* TASK GOAL: Begin at the line below that contains "unfoldable pub was_observed". Repeat it and all remaining lines of the records exactly.
BEGIN
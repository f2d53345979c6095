-- ===== src/AllowList/Targets.antt =====
-- crates/aqua-messenger/src/allowlist.rs: whom an argument or a sender names.
use aqua_matrix_connector.Common.{
  some, none, Option, List, find, Bool, filter, is_some, any, [], ◌||◌,
}
use aqua_matrix_connector.AllowList.{Recipient, RoomEntry, Observer}
use aqua_matrix_connector.AllowList.Reload.{AllowList, Audit}
use aqua_matrix_connector.Common.Text.{Text, eq_ignore_ascii_case, text_eq, trim}
use aqua_matrix_connector.AllowList.Parse.{Reason}

pub data Target : Type 0 where
  person : Recipient → Target
  room : RoomEntry → Target

unfoldable pub resolve : AllowList → Text → Option Recipient
resolve a who =
    find (λ r. eq_ignore_ascii_case r.name (trim who) || eq_ignore_ascii_case r.mxid (trim who))
      a.recipients

unfoldable pub by_mxid : AllowList → Text → Option Recipient
by_mxid a sender = find (λ r. eq_ignore_ascii_case r.mxid sender) a.recipients

unfoldable pub room_by_id : AllowList → Text → Option RoomEntry
room_by_id a room_id = find (λ r. text_eq r.room_id (trim room_id)) a.rooms

unfoldable pub is_listed_room : AllowList → Text → Bool
unfolding room_by_id
is_listed_room a room_id = is_some (room_by_id a room_id)

unfoldable pub resolve_room : AllowList → Text → Option RoomEntry
resolve_room a who =
    find (λ r. eq_ignore_ascii_case r.name (trim who) || text_eq r.room_id (trim who)) a.rooms

unfoldable pub resolve_target : AllowList → Text → Option Target
resolve_target a who = elim (resolve a who) [
  | some r ↦ some (person r)
  | none ↦ elim (resolve_room a who) [ some r ↦ some (room r) | none ↦ none ]
]

unfoldable pub was_observed : AllowList → Text → Bool
was_observed a room_id = any (text_eq room_id) a.ever_observed

unfoldable pub observers_in_room : AllowList → Text → List Observer
observers_in_room a room_id = filter (λ o. text_eq o.room_id room_id) a.observers

-- A load failure, else a refused observer row.
unfoldable pub error_text : AllowList → Option Reason
error_text a = elim a.load_error [ some e ↦ some e | none ↦ a.observer_error ]

unfoldable pub take_audit : AllowList → AllowList × List Audit
take_audit a = (record a { pending_audit = [] }, a.pending_audit)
END
* RESPONSE FOR THIS EXERCISE:
unfoldable pub was_observed : AllowList → Text → Bool
was_observed a room_id = any (text_eq room_id) a.ever_observed

unfoldable pub observers_in_room : AllowList → Text → List Observer
observers_in_room a room_id = filter (λ o. text_eq o.room_id room_id) a.observers

-- A load failure, else a refused observer row.
unfoldable pub error_text : AllowList → Option Reason
error_text a = elim a.load_error [ some e ↦ some e | none ↦ a.observer_error ]

unfoldable pub take_audit : AllowList → AllowList × List Audit
take_audit a = (record a { pending_audit = [] }, a.pending_audit)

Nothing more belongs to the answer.